Creating Trust Scores for Classification Models

Published November 18, 2021

Overview

Trust scores are introduced in the To Trust Or Not To Trust A Classifier, presented at the 32nd Conference on Neural Information Processing Systems in 2018. The trust scores are a similar concept to the credibility and confidence scores introduced in Deep k-Nearest Neighbors: Towards Confident, Interpretable and Robust Deep Learning. The trust score is a remarkably flexible ratio that has a goal of describing how much a user should trust the an algorithm’s classification of a specific point. It is ratio of the distance from the testing sample to the nearest classes similar and class different from the testing sample. This trust score for a testing sample is likely agree with the Bayes-optimal classifier, so the trust score is a clue to decide if an algorithm’s prediction about a test point is correct rather than a Type I or II Error. This approach mixes the topology of points in a multidimensional space with calculus to be effective at detecting the accuracy of a unique machine learning prediction.

Defined variables

k: the number of neighbors, like in k-Nearest Neighbors.

\(\alpha\): the density threshold and the specific fraction of data to filter out of the overall collection of data. This is a proxy for the density value. The recommended \(\alpha\) value is not specified in the paper.

1 - \(\alpha\): the probability mass. This can be desscribed as a fraction.

Step 1: Preprocess the data

The first step is to keep only the points that exist in a high density area. That specific density varies but is defined as \(\alpha\) as a general variable. This has the effect of removing outliers and having smooth clusters of points to use for calculating the trust score. The specific distribution of the smooth cluster of points is irrelevant.

The trust scores paper does not recommend an \(\alpha\) value to define what density counts as a high density set.

Step 2: Calculate the trust score

The trust score compares the the distance from the testing sample to the nearest classes similar and different from the testing sample.

The trust score is calculated as:

(distance from the testing sample to the nearest class different from the predicted class) / (distance from the testing sample to the nearest class the same as the predicted class)

Note that “class” in this definition describes the grouping categorization of a single point (like, a specific penguin species if the goal is the determine the penguin’s species), a group of k-Nearest Neighbors, or a centroid (centroid or geometric center of a plane figure is the arithmetic mean position of all the points in the figure). The trust scores formula is flexible enough to accommodate all of those groupings and have more customizations. Mote details in the Variations of the trust score section.

If trust score > 1, then the different class is geographically closer to the testing sample than its predicted class. This is a red flag for the testing sample’s categorization being incorrect.

Variations of the trust score

The trust score concept put forth in the To Trust Or Not To Trust A Classifier paper can have variations in a few different categories. A trust score encompasses a variety of similar but slightly differentiated metrics. When communicating a trust score it is important to add the fine print about which metrics are being chosen to calculate that score.

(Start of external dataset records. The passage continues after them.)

-- ===== src/Controller/Sync/Apart.antt =====
-- A sync changes what its own key waits for, and what no other key does.
use kubeflow_controller.Common.{
  String, Bool, true, false, List, [], ◌≡◌, refl, sym, ap, ◌∙◌, str_eq, arith,
}
use mathlib.Core.Path.{subst}
use kubeflow_controller.Common.Int.{ℤ}
use kubeflow_controller.Common.Outcome.{ok}
use kubeflow_controller.Common.Go.{Go, resume, ◌>>=◌, ◌>>◌}
use kubeflow_controller.Common.Go.Keeps.{
  Preorder, Keeps, >>=-Keeps, >>-Keeps, gate-Keeps, reads-Keeps,
}
use kubeflow_controller.Api.{Pod, Service, TfJob}
use kubeflow_controller.Checker.{tf_replica_ps, tf_replica_worker, tf_replica_local, is_local_job}
use kubeflow_controller.Platform.{Platform}
use kubeflow_controller.Platform.Cluster.{Session}
use kubeflow_controller.Platform.Expectations.{ExpectationsLaws}
use kubeflow_controller.Controller.Util.{get_status}
use kubeflow_controller.Controller.Helper.{get_pods_for_tf_job, get_services_for_tf_job}
use kubeflow_controller.Controller.Manage.{manage_tf_job, manage_kind}
use kubeflow_controller.Controller.Manage.Apart.{jobs, manage_kind-Spares}
use kubeflow_controller.Controller.Sync.{
  Syncing, on_session, on_tf_job, manage_if, sync_local, sync_distributed, sync_kind, update_if,
  update_tf_job, sync_job,
}
use kubeflow_controller.Controller.Sync.Scope.{
  Syncs, manage_if-Within, on_tf_job-Within, update_if-Within,
}
use kubeflow_controller.Updater.Metadata.{update_local-same, update_distributed-same}
use kubeflow_controller.Updater.Run.{update_local, update_distributed}

module _ (p : Platform) (other : String) (laws : ExpectationsLaws p.expectations) (key : String)
    (apart : str_eq key other ≡ false) where
  open p use {machinery, expectations}

  manage_tf_job-Spares :
      (workers ps : List Pod) (worker_services ps_services : List Service) (succeeded : ℤ)
      (s : Syncing p)
      → machinery.key_func s.0.metadata ≡ ok key
      → (jobs p other).Rel s (manage_tf_job p workers ps worker_services ps_services succeeded s).1
  unfolding manage_tf_job
  manage_tf_job-Spares workers ps worker_services ps_services succeeded s made =
      let by_kind = λ (key : String) (local : Bool).
        manage_kind p workers ps worker_services ps_services succeeded key local in
      let keyed = λ (key : String). (λ (t : Syncing p). (is_local_job t.0, t)) >>= by_kind key in
      subst (λ r. (jobs p other).Rel s (resume r keyed s).1) (sym made)
        ((>>=-Keeps (jobs p other) (reads-Keeps (jobs p other) (λ t. is_local_job t.0)) (
            manage_kind-Spares p other laws key apart workers ps worker_services ps_services
              succeeded)).apply
          s)

  manage_if-Spares :
      (needs_sync : Bool) (workers ps : List Pod) (worker_services ps_services : List Service)
      (succeeded : ℤ) (s : Syncing p)
      → machinery.key_func s.0.metadata ≡ ok key
      → (jobs p other).Rel s
          (manage_if p needs_sync workers ps worker_services ps_services succeeded s).1
  unfolding manage_if
  manage_if-Spares needs_sync workers ps worker_services ps_services succeeded s made =
      gate-Keeps (jobs p other) s.0.metadata.deletion_timestamp needs_sync s
        (manage_tf_job p workers ps worker_services ps_services succeeded s) (ok tt, s)
        (λ _. manage_tf_job-Spares workers ps worker_services ps_services succeeded s made) refl

  update_if-Spares : (b : Bool) (s : Syncing p) → (jobs p other).Rel s (update_if p b s).1
  unfolding update_if update_tf_job
  update_if-Spares true s = ground arith
  update_if-Spares false s = refl

  -- From a state with a job of this key on: the key stays, and the other key waits for the same.
  abbrev pub Sparing : Preorder (Syncing p)
  Sparing = record {
    Rel = λ s t.
        machinery.key_func s.0.metadata ≡ ok key
        → (machinery.key_func t.0.metadata ≡ ok key) × (jobs p other).Rel s t;
    same = λ s h. (h, refl);
    through = λ s t u f g h. let (h', e) = f h in let (h'', e') = g h' in (h'', e' ∙ e);
  }

  -- What keeps the metadata and spares the other key.
  sparing :
      {A : Type 0} (needs_sync : Bool) {m : Go (Syncing p) A}
      → Keeps (Syncs p needs_sync) m
      → ((s : Syncing p) → machinery.key_func s.0.metadata ≡ ok key → (jobs p other).Rel s (m s).1)
      → Keeps Sparing m
  sparing needs_sync within spares = record {
    apply = λ s made. (ap machinery.key_func (within.apply s).0 ∙ made, spares s made);
  }

  looking-Sparing : {A : Type 0} (m : Go (Session p.cluster) A) → Keeps Sparing (on_session p m)
  looking-Sparing m = record { apply = λ s made. (made, refl) }

  module _ (needs_sync : Bool) where
    managed-Sparing :
        (workers ps : List Pod) (worker_services ps_services : List Service) (succeeded : ℤ)
        → Keeps Sparing (manage_if p needs_sync workers ps worker_services ps_services succeeded)
    managed-Sparing workers ps worker_services ps_services succeeded =
        sparing needs_sync
          (manage_if-Within p needs_sync workers ps worker_services ps_services succeeded)
          (manage_if-Spares needs_sync workers ps worker_services ps_services succeeded)

    local_rest-Sparing :
        (job : TfJob)
        → Keeps Sparing (
            on_session p (get_pods_for_tf_job p job tf_replica_local) >>= λ workers.
            manage_if p needs_sync
              (machinery.filter_active_pods workers)
              (machinery.filter_active_pods [])
              []
              []
              (get_status workers).0
            >> on_tf_job p (update_local (get_status workers).0 workers))
    local_rest-Sparing job =
        >>=-Keeps Sparing (looking-Sparing (get_pods_for_tf_job p job tf_replica_local)) λ workers.
          >>-Keeps Sparing
            (managed-Sparing (machinery.filter_active_pods workers)
              (machinery.filter_active_pods []) [] [] (get_status workers).0)
            (sparing needs_sync
              (on_tf_job-Within p needs_sync (update_local-same (get_status workers).0 workers))
              (λ s made. refl))

    distributed_rest-Sparing :
        (job : TfJob)
        → Keeps Sparing (
            on_session p (get_pods_for_tf_job p job tf_replica_worker) >>= λ workers.
            on_session p (get_pods_for_tf_job p job tf_replica_ps) >>= λ ps.
            on_session p (get_services_for_tf_job p job tf_replica_worker) >>= λ worker_services.
            on_session p (get_services_for_tf_job p job tf_replica_ps) >>= λ ps_services.
            manage_if p needs_sync
              (machinery.filter_active_pods workers)
              (machinery.filter_active_pods ps)
              worker_services
              ps_services
              (get_status workers).0
            >> on_tf_job p (update_distributed (get_status workers).0 workers ps))
    distributed_rest-Sparing job =
        >>=-Keeps Sparing (looking-Sparing (get_pods_for_tf_job p job tf_replica_worker)) λ workers.
          >>=-Keeps Sparing (looking-Sparing (get_pods_for_tf_job p job tf_replica_ps)) λ ps.
            >>=-Keeps Sparing (looking-Sparing (get_services_for_tf_job p job tf_replica_worker))
              λ worker_services.
                >>=-Keeps Sparing (looking-Sparing (get_services_for_tf_job p job tf_replica_ps))
                  λ ps_services.
                    >>-Keeps Sparing
                      (managed-Sparing (machinery.filter_active_pods workers)
                        (machinery.filter_active_pods ps) worker_services ps_services
                        (get_status workers).0)
                      (sparing needs_sync
                        (on_tf_job-Within p needs_sync
                          (update_distributed-same (get_status workers).0 workers ps))
                        (λ s made. refl))

    sync_kind-Sparing : (local : Bool) → Keeps Sparing (sync_kind p needs_sync local)
    unfolding sync_kind sync_local sync_distributed
    sync_kind-Sparing true = record { apply = λ s. (local_rest-Sparing s.0).apply s }
    sync_kind-Sparing false = record { apply = λ s. (distributed_rest-Sparing s.0).apply s }

    pub sync_job-Sparing : Keeps Sparing (sync_job p needs_sync)
    unfolding sync_job
    sync_job-Sparing = >>=-Keeps Sparing (reads-Keeps Sparing (λ s. is_local_job s.0)) λ local.
        >>=-Keeps Sparing (sync_kind-Sparing local) λ should_update.
          sparing needs_sync (update_if-Within p needs_sync should_update)
            (λ s made. update_if-Spares should_update s)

Trust scores can have variations throughout different categories, just like creating a Build-A-Bear or picking out parts for a custom computer.

A specific test point. The trust score is about looking at the categorization of a single input’s categorization compared to the training data.
A specific classifier model. For example, neural network, random forest, or logistic regression.
A specific neighbor metric to use to compare the different classes. For example, k-Nearest Neighbors, a single nearest neighbor, or a centroid.
A specific data setting. For example, raw inputs, an unsupervised embedding of the space, or individual layers.

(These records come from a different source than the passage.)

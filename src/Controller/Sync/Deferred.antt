-- ===== src/Controller/Sync/Deferred.antt =====
-- The sync of a local job that is not to be managed.
use kubeflow_controller.Common.{false, ◌++◌, ◌≡◌, arith}
use kubeflow_controller.Api.{TfJob}
use kubeflow_controller.Checker.{tf_replica_local}
use kubeflow_controller.Platform.{Platform, Sync}
use kubeflow_controller.Controller.Helper.Patches.{pod_patches, get_pods-calls}
use kubeflow_controller.Controller.Sync.{manage_if, sync_local}

module _ (p : Platform) where
  open p use {machinery, cluster, expectations}

  -- While a local job waits for its creations, a sync only looks at it: its pods are claimed, no other request is made and what
  -- the job waits for stays as it is; only the status is worked out.
  pub sync_local-deferred :
      (job : TfJob) (s : Sync p)
      → let (_, (_, s')) = sync_local p false (job, s) in
        (s'.session.calls ≡ s.session.calls ++ pod_patches p job tf_replica_local s.session.world)
        × (s'.store ≡ s.store)
        × (s'.gen ≡ s.gen)
  unfolding sync_local manage_if
  sync_local-deferred job s = ground (arith, get_pods-calls p job tf_replica_local s.session)
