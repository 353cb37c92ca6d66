-- ===== src/Chat/Broadcasts.antt =====
-- What the clients are told of a message that its author edits or deletes.
use munichat.Prelude.{ℕ, ◌≡◌, sym, ◌∙◌, refl, ap, subst, Option, none, some, [], ◌∷◌, ◌++◌, arith}
use mathlib.Core.Option
use munichat.Text.{Text}
use munichat.Text.Laws.{text_eq_iff}
use munichat.Shared.{MessageDto, EditMessageRequest, message_updated}
use munichat.Store.{Prisma, MessageRow, Message, patched}
use munichat.Server.{Socket, Emission, room, Payload, World, Result, ok, ◌>>=◌}
use munichat.Messages.{Env, to_message_dto, update, soft_delete}
use munichat.Messages.Updates.{update_row-eq-ok}
use munichat.Messages.Deleted.{IsTombstone}
use munichat.Chat.Gateway.{MessageMutationAck, channel_room, edit, delete}

-- `message:updated` to the whole room of the message's channel.
abbrev pub to_room : MessageDto → Emission
to_room dto = record {
  audience = room (channel_room dto.channel_id);
  event = message_updated;
  payload = Payload.message dto;
}

-- What is shown of a message is the state of its row.
pub record IsStateOf (env : Env) (r : MessageRow) (dto : MessageDto) : Type 0 where
  pub id : dto.id ≡ r.id
  pub channel : dto.channel_id ≡ r.channel_id
  pub author : dto.author_id ≡ r.author_id
  pub content : dto.content ≡ r.content
  pub edited : dto.edited_at ≡ Option.map env.to_iso_string r.edited_at
  pub deleted : dto.deleted_at ≡ Option.map env.to_iso_string r.deleted_at

to_message_dto-IsStateOf : (env : Env) (m : Message) → IsStateOf env m.row (to_message_dto env m)
unfolding to_message_dto
to_message_dto-IsStateOf env m = record {
  id = refl;
  channel = refl;
  author = refl;
  content = refl;
  edited = refl;
  deleted = refl;
}

module _ (db : Prisma) (env : Env) (real_object_size : Text → Option ℕ) where
  -- Where the world goes when a message is broadcast.
  abbrev pub told : World db.State → MessageDto → World db.State
  told v dto = record v { emitted = v.emitted ++ to_room dto ∷ [] }

  pub edit_of_own :
      (socket : Socket) (request : EditMessageRequest) (existing m : Message) (w v : World db.State)
      → existing.row.author_id ≡ socket.user.id
      → existing.row.deleted_at ≡ none
      → update db request.message_id request.content w ≡ (ok m, v)
      → edit db env real_object_size socket request (some existing) w
        ≡ (ok (MessageMutationAck.message (to_message_dto env m)), told v (to_message_dto env m))
  unfolding edit ◌>>=◌
  edit_of_own socket request existing m w v own live done =
      ground (arith, text_eq_iff existing.row.author_id socket.user.id)

  pub delete_of_own :
      (socket : Socket) (id : Text) (existing m : Message) (w v : World db.State)
      → existing.row.author_id ≡ socket.user.id
      → soft_delete db id w ≡ (ok m, v)
      → delete db env real_object_size socket id (some existing) w
        ≡ (ok (MessageMutationAck.message (to_message_dto env m)), told v (to_message_dto env m))
  unfolding delete ◌>>=◌
  delete_of_own socket id existing m w v own done =
      ground (arith, text_eq_iff existing.row.author_id socket.user.id)

  acknowledged_inv :
      {dto dto' : MessageDto} {w w' : World db.State}
      → ◌≡◌ {A = Result MessageMutationAck × World db.State}
          (ok (MessageMutationAck.message dto), w)
          (ok (MessageMutationAck.message dto'), w')
      → (dto ≡ dto') × (w ≡ w')
  acknowledged_inv e = (cc, cc)

  -- The row that the database holds after an action on a message, and what was said of it.
  abbrev pub Holds : Text → World db.State → MessageDto → (MessageRow → Type 0) → Type 0
  Holds id w' dto P =
      (r' : MessageRow) × (db.find_row w'.db id ≡ some r') × P r' × IsStateOf env r' dto

  pub edit_holds :
      (socket : Socket) (request : EditMessageRequest) (existing : Message) (r : MessageRow)
      (w w' : World db.State) (dto : MessageDto)
      → db.find_row w.db request.message_id ≡ some r
      → existing.row.author_id ≡ socket.user.id
      → existing.row.deleted_at ≡ none
      → edit db env real_object_size socket request (some existing) w
        ≡ (ok (MessageMutationAck.message dto), w')
      → Holds request.message_id w' dto
          (λ r'. (r'.content ≡ request.content) × (r'.edited_at ≡ some w.now))
  unfolding update patched ◌>>=◌
  edit_holds socket request existing r w w' dto stored own live e =
      let (m, s, updated, row, kept) =
        update_row-eq-ok db request.message_id
          (record { content = request.content; edited_at = some w.now; deleted_at = none }) w r
          stored in
      let (same, there) = acknowledged_inv (
        sym (edit_of_own socket request existing m w (record w { db = s }) own live updated) ∙ e) in
      (
        m.row,
        ap (λ v. db.find_row (World.db v) request.message_id) (sym there)
            ∙ (kept ∙ ap some (sym row)),
        (ap (λ (q : MessageRow). q.content) row, ap (λ (q : MessageRow). q.edited_at) row),
        subst (IsStateOf env m.row) same (to_message_dto-IsStateOf env m),
      )

  pub delete_holds :
      (socket : Socket) (id : Text) (existing : Message) (r : MessageRow) (w w' : World db.State)
      (dto : MessageDto)
      → db.find_row w.db id ≡ some r
      → existing.row.author_id ≡ socket.user.id
      → delete db env real_object_size socket id (some existing) w
        ≡ (ok (MessageMutationAck.message dto), w')
      → Holds id w' dto IsTombstone
  unfolding soft_delete patched ◌>>=◌
  delete_holds socket id existing r w w' dto stored own e =
      let (m, s, updated, row, kept) =
        update_row-eq-ok db id (record { content = []; edited_at = none; deleted_at = some w.now })
          w r stored in
      let (same, there) =
        acknowledged_inv
          (sym (delete_of_own socket id existing m w (record w { db = s }) own updated) ∙ e) in
      let gone : m.row.deleted_at ≡ some w.now = ap (λ (q : MessageRow). q.deleted_at) row in
      (
        m.row,
        ap (λ v. db.find_row (World.db v) id) (sym there) ∙ (kept ∙ ap some (sym row)),
        record { deleted = ground arith; blank = ap (λ (q : MessageRow). q.content) row },
        subst (IsStateOf env m.row) same (to_message_dto-IsStateOf env m),
      )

So a trust score has four categories, each with numerous options. It is crucial to specify the details of each of these four categories when communicating a trust score.

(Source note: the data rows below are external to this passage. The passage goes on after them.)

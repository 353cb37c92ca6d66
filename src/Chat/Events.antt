-- ===== src/Chat/Events.antt =====
-- The gateway as a machine: the events that reach it, in the order in which they are handled.
use munichat.Prelude.{ℕ, Option, List, [], ◌∷◌}
use munichat.Text.{Text}
use munichat.Shared.{
  SendMessageRequest, EditMessageRequest, DeleteMessageRequest, ChannelReadRequest,
  TypingClientPayload, SocketEvent,
}
use munichat.Store.{Prisma}
use munichat.Server.{Socket, World, Reply}
use munichat.Messages.{Env}
use munichat.Chat.Gateway.{
  handle_message_send, handle_message_edit, handle_message_delete, handle_channel_read,
  relay_typing,
}

pub data Event : Type 0 where
  send : Socket → Option SendMessageRequest → Event
  edit : Socket → Option EditMessageRequest → Event
  delete : Socket → Option DeleteMessageRequest → Event
  read : Socket → Option ChannelReadRequest → Event
  typing : Socket → Option TypingClientPayload → SocketEvent → Event
  -- time passes, and GLPI has new answers
  outside : ℕ → List Reply → Event

module _ (db : Prisma) (env : Env) (real_object_size : Text → Option ℕ) where
  unfoldable pub step : Event → World db.State → World db.State
  unfolding handle_message_send handle_message_edit handle_message_delete handle_channel_read
      relay_typing
  step (send socket body) w = (handle_message_send db env real_object_size socket body w).1
  step (edit socket body) w = (handle_message_edit db env real_object_size socket body w).1
  step (delete socket body) w = (handle_message_delete db env real_object_size socket body w).1
  step (read socket body) w = (handle_channel_read db env real_object_size socket body w).1
  step (typing socket body event) w = (relay_typing db env real_object_size socket body event w).1
  step (outside now replies) w = record w { now = now; replies = replies }

  unfoldable pub run : List Event → World db.State → World db.State
  unfolding step
  run [] w = w
  run (e ∷ events) w = run events (step e w)
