-- ===== src/Chat/Guards.antt =====
-- Who may do what: the guards of the gateway's handlers, and what each handler emits.
use Prim.Native.String.{String}
use munichat.Prelude.{
  ℕ, ◌≡◌, sym, ◌∙◌, inl, inr, refl, ap, true, false, Option, none, some, [], ◌∷◌, ◌++◌, arith,
  Bool-cases, Option-cases, ◌⊎◌,
}
use munichat.Text.{Text}
use munichat.Text.Laws.{text_eq_iff}
use munichat.Shared.{
  MessageDto, SendMessageRequest, EditMessageRequest, DeleteMessageRequest, message_new, parse_send,
  parse_edit,
}
use munichat.Store.{Prisma, MessageRow, Message, NewMessage, find_message}
use munichat.Server.{Socket, Emission, room_except, Payload, World, Result, ok, ◌>>=◌, bind-eq-ok}
use munichat.Server.Keeps.{Preorder, Keeps}
use munichat.Channels.{is_member, mark_read}
use munichat.Messages.{
  Env, CreateMessageInput, CreateMessageResult, created, error, create, create_row, get_by_id,
}
use munichat.Messages.Keeps.{create-Keeps}
use munichat.Messages.Deleted.{IsTombstone}
use munichat.Chat.Broadcasts.{to_room, Holds, edit_holds, delete_holds}
use munichat.Chat.Gateway.{
  MessageMutationAck, channel_room, publish, send, handle_message_send, edit, handle_message_edit,
  delete, handle_message_delete,
}

-- `message:new` to the room of a channel, without the sender.
abbrev pub to_others : Socket → Text → MessageDto → Emission
to_others socket channel dto = record {
  audience = room_except (channel_room channel) socket.id;
  event = message_new;
  payload = Payload.message dto;
}

module _ (db : Prisma) where
  -- An action that emits nothing.
  abbrev silent : Preorder db.State
  silent = record {
    Le = λ w w'. w'.emitted ≡ w.emitted;
    le_refl = λ w. refl;
    le_trans = λ u v w h k. k ∙ h;
  }

  create_row-silent : (n : NewMessage) → Keeps silent (create_row db n)
  unfolding create_row
  create_row-silent n = record { at = λ w. ground arith }

  create-silent :
      (real_object_size : Text → Option ℕ) (input : CreateMessageInput)
      → Keeps silent (create db real_object_size input)
  create-silent = create-Keeps db silent (λ w q a t. refl) (λ w jobs. refl) create_row-silent

module _ (db : Prisma) (env : Env) (real_object_size : Text → Option ℕ) where
  -- A send that fails the schema or comes from outside the channel is refused, and changes nothing.
  pub send_refused :
      (socket : Socket) (body : Option SendMessageRequest) (w : World db.State)
      → (parse_send body ≡ none)
        ⊎ ((request : SendMessageRequest) × (parse_send body ≡ some request)
            × (is_member db w.db socket.user.id request.channel_id ≡ false))
      → (problem : String) × (handle_message_send db env real_object_size socket body w
          ≡ (ok (MessageMutationAck.refused problem), w))
  unfolding handle_message_send send ◌>>=◌
  send_refused socket body w (inl bad) = ("Invalid message payload", rw (bad, handle_message_send))
  send_refused socket body w (inr (request, parsed, stranger)) = (
    "You are not a member of this channel",
    rw (parsed, handle_message_send) (rw (stranger, is_member)),
  )

  publish-eq-message :
      (socket : Socket) (channel : Text) (r : CreateMessageResult) (v w' : World db.State)
      (dto : MessageDto)
      → publish db env real_object_size socket channel r v
        ≡ (ok (MessageMutationAck.message dto), w')
      → w'.emitted ≡ v.emitted ++ to_others socket channel dto ∷ []
  unfolding ◌>>=◌ mark_read
  publish-eq-message socket channel (error problem) v w' dto e = ground arith
  publish-eq-message socket channel (created m) v w' dto e = ground arith

  row_of_found :
      (s : db.State) (id : Text) (m : Message)
      → find_message db s id ≡ some m
      → (r : MessageRow) × (db.find_row s id ≡ some r) × (r ≡ m.row)
  unfolding find_message
  row_of_found s id m e = (m.row, ground arith, refl)

  message-ne-refused :
      {answer : Result MessageMutationAck × World db.State} {w w' : World db.State}
      {problem : String} {dto : MessageDto}
      → answer ≡ (ok (MessageMutationAck.refused problem), w)
      → answer ≡ (ok (MessageMutationAck.message dto), w')
      → ⊥
  message-ne-refused h k = ground arith

  send-eq-message :
      (socket : Socket) (request : SendMessageRequest) (w w' : World db.State) (dto : MessageDto)
      → send db env real_object_size socket request w ≡ (ok (MessageMutationAck.message dto), w')
      → (is_member db w.db socket.user.id request.channel_id ≡ true)
        × (w'.emitted ≡ w.emitted ++ to_others socket request.channel_id dto ∷ [])
  unfolding send ◌>>=◌
  send-eq-message socket request w w' dto e =
      elim (Bool-cases (is_member db w.db socket.user.id request.channel_id)) [
        | inr stranger ↦ absurd (ground arith)
        | inl member ↦
            let (r, v, made, sent) =
              bind-eq-ok (create db real_object_size _)
                (publish db env real_object_size socket request.channel_id) w _ w'
                (rw member at e) in
            let quiet = (create-silent db real_object_size _).at w in
            (
              member,
              publish-eq-message socket request.channel_id r v w' dto sent
                  ∙ ap (λ l. l ++ to_others socket request.channel_id dto ∷ [])
                      (sym (ap (λ p. p.1.emitted) made) ∙ quiet),
            )
      ]

  -- A message is sent only by a member of its channel, from a body that the schema accepts; the
  -- acknowledged message then goes, as `message:new`, to the channel's room without the sender, and
  -- nothing else is emitted.
  pub send_acknowledged :
      (socket : Socket) (body : Option SendMessageRequest) (w w' : World db.State)
      (dto : MessageDto)
      → handle_message_send db env real_object_size socket body w
        ≡ (ok (MessageMutationAck.message dto), w')
      → (request : SendMessageRequest) × (parse_send body ≡ some request)
        × (is_member db w.db socket.user.id request.channel_id ≡ true)
        × (w'.emitted ≡ w.emitted ++ to_others socket request.channel_id dto ∷ [])
  unfolding handle_message_send
  send_acknowledged socket body w w' dto e = elim (Option-cases (parse_send body)) [
    | inl bad ↦ absurd (message-ne-refused (send_refused socket body w (inl bad)).1 e)
    | inr (request, parsed) ↦
        let (member, emitted) =
          send-eq-message socket request w w' dto (rw (parsed, handle_message_send) at e) in
        (request, parsed, member, emitted)
  ]

  -- An edit that is refused changes nothing and emits nothing.
  pub edit_refused :
      (socket : Socket) (body : Option EditMessageRequest) (w w' : World db.State)
      (problem : String)
      → handle_message_edit db env real_object_size socket body w
        ≡ (ok (MessageMutationAck.refused problem), w')
      → w' ≡ w
  unfolding handle_message_edit ◌>>=◌
  edit_refused socket body w w' problem e = ground arith

  delete_refused :
      (socket : Socket) (body : Option DeleteMessageRequest) (w w' : World db.State)
      (problem : String)
      → handle_message_delete db env real_object_size socket body w
        ≡ (ok (MessageMutationAck.refused problem), w')
      → w' ≡ w
  unfolding handle_message_delete ◌>>=◌
  delete_refused socket none w w' problem e = ground arith
  delete_refused socket (some request) w w' problem e = ground arith

  edit-eq-message :
      (socket : Socket) (request : EditMessageRequest) (existing : Option Message)
      (w w' : World db.State) (dto : MessageDto)
      → edit db env real_object_size socket request existing w
        ≡ (ok (MessageMutationAck.message dto), w')
      → (m : Message) × (existing ≡ some m)
        × (m.row.author_id ≡ socket.user.id)
        × (m.row.deleted_at ≡ none)
        × (w'.emitted ≡ w.emitted ++ to_room dto ∷ [])
  unfolding edit ◌>>=◌
  edit-eq-message socket request none w w' dto e = ground arith
  edit-eq-message socket request (some m) w w' dto e = (
    m,
    refl,
    ground (arith, text_eq_iff m.row.author_id socket.user.id),
    ground arith,
    ground arith,
  )

  delete-eq-message :
      (socket : Socket) (id : Text) (existing : Option Message) (w w' : World db.State)
      (dto : MessageDto)
      → delete db env real_object_size socket id existing w
        ≡ (ok (MessageMutationAck.message dto), w')
      → (m : Message) × (existing ≡ some m)
        × (m.row.author_id ≡ socket.user.id)
        × (w'.emitted ≡ w.emitted ++ to_room dto ∷ [])
  unfolding delete ◌>>=◌
  delete-eq-message socket id none w w' dto e = ground arith
  delete-eq-message socket id (some m) w w' dto e =
      (m, refl, ground (arith, text_eq_iff m.row.author_id socket.user.id), ground arith)

  -- An edit is acknowledged only to the author of a message that is there and not deleted. The database
  -- then holds a row with the content of the request and the time of the edit; what is acknowledged is
  -- the state of that row, and it goes, as `message:updated`, to the room of its channel, and nothing
  -- else is emitted.
  pub edit_acknowledged :
      (socket : Socket) (body : Option EditMessageRequest) (w w' : World db.State)
      (dto : MessageDto)
      → handle_message_edit db env real_object_size socket body w
        ≡ (ok (MessageMutationAck.message dto), w')
      → (request : EditMessageRequest) × (r : MessageRow) × (parse_edit body ≡ some request)
        × (db.find_row w.db request.message_id ≡ some r)
        × (r.author_id ≡ socket.user.id)
        × (r.deleted_at ≡ none)
        × (w'.emitted ≡ w.emitted ++ to_room dto ∷ [])
        × Holds db env real_object_size request.message_id w' dto
            (λ r'. (r'.content ≡ request.content) × (r'.edited_at ≡ some w.now))
  unfolding handle_message_edit get_by_id ◌>>=◌
  edit_acknowledged socket body w w' dto e = elim (Option-cases (parse_edit body)) [
    | inl bad ↦ absurd (
        message-ne-refused {w = w} {problem = "Invalid message payload"}
          (rw (bad, handle_message_edit)) e)
    | inr (request, parsed) ↦
        let (m, there, own, live, emitted) =
          edit-eq-message socket request (find_message db w.db request.message_id) w w' dto
            (rw (parsed, handle_message_edit) at e) in
        let (r, stored, same) = row_of_found w.db request.message_id m there in
        let held =
          edit_holds db env real_object_size socket request m r w w' dto stored own live
            (rw there at (rw (parsed, handle_message_edit) at e)) in
        (request, r, parsed, stored, rw same own, rw same live, emitted, held)
  ]

  -- A deletion is acknowledged only to the author of a message that is there. The database then holds
  -- a tombstone for it; what is acknowledged is the state of that tombstone, and it goes, as
  -- `message:updated`, to the room of its channel, and nothing else is emitted.
  pub delete_acknowledged :
      (socket : Socket) (body : Option DeleteMessageRequest) (w w' : World db.State)
      (dto : MessageDto)
      → handle_message_delete db env real_object_size socket body w
        ≡ (ok (MessageMutationAck.message dto), w')
      → (request : DeleteMessageRequest) × (r : MessageRow) × (body ≡ some request)
        × (db.find_row w.db request.message_id ≡ some r)
        × (r.author_id ≡ socket.user.id)
        × (w'.emitted ≡ w.emitted ++ to_room dto ∷ [])
        × Holds db env real_object_size request.message_id w' dto IsTombstone
  unfolding handle_message_delete get_by_id ◌>>=◌
  delete_acknowledged socket none w w' dto e =
      absurd (message-ne-refused {w = w} {problem = "Invalid message payload"} refl e)
  delete_acknowledged socket (some request) w w' dto e =
      let (m, there, own, emitted) =
        delete-eq-message socket request.message_id (find_message db w.db request.message_id) w w'
          dto e in
      let (r, stored, same) = row_of_found w.db request.message_id m there in
      let held =
        delete_holds db env real_object_size socket request.message_id m r w w' dto stored own
          (rw there at e) in
      (request, r, refl, stored, rw same own, emitted, held)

Compare trust scores to DkNN’s confidence and credibility scores

Similarites

Trust, confidence, and credibility scores all can use k-Nearest Neighbors when creating the score. Trust scores have the flexibility to additionally use a single nearest neighbor or a centroid when calculating the trust score.
All scores use the geographically closest points in their calculation.
Both the confidence score and the trust score consider the distance from the testing sample to points of other classes.
All scores can create their respective scores on individual intermediate layers in a deep learning model. Trust scores can create additional scores using different parts of the model, such as creating a trust score using the raw input.

Differences

Confidence and credibility scores do not rely on removing outliers from the training data to get a smooth and high density cluster of points. Trust score calculations rely on having the low density points removed from the training data, which might have adverse effects if the test points are outliers themself.
Using the confidence and credibility scores together is better for detecting outlying and adversarial input into the model. The trust score ratio fails to detect if the same and different classes are far away but in a reasonable ratio. This means the trust score would not be extreme enough to alert the algorithm user that the input could be an outlier. In that sense, the trust score would be less effective at detecting the adversarial input compared to a confidence score that can describe ordinal distances between the points in a model.
Trust scores have a greater flexibility on how to apply the concept, detailed in the Variations of the trust score section.
Trust score points must be independently and identically distributed (i.i.d.).

DIY

The code for the To Trust Or Not To Trust A Classifier paper is located on Github and has been updated for Python 3.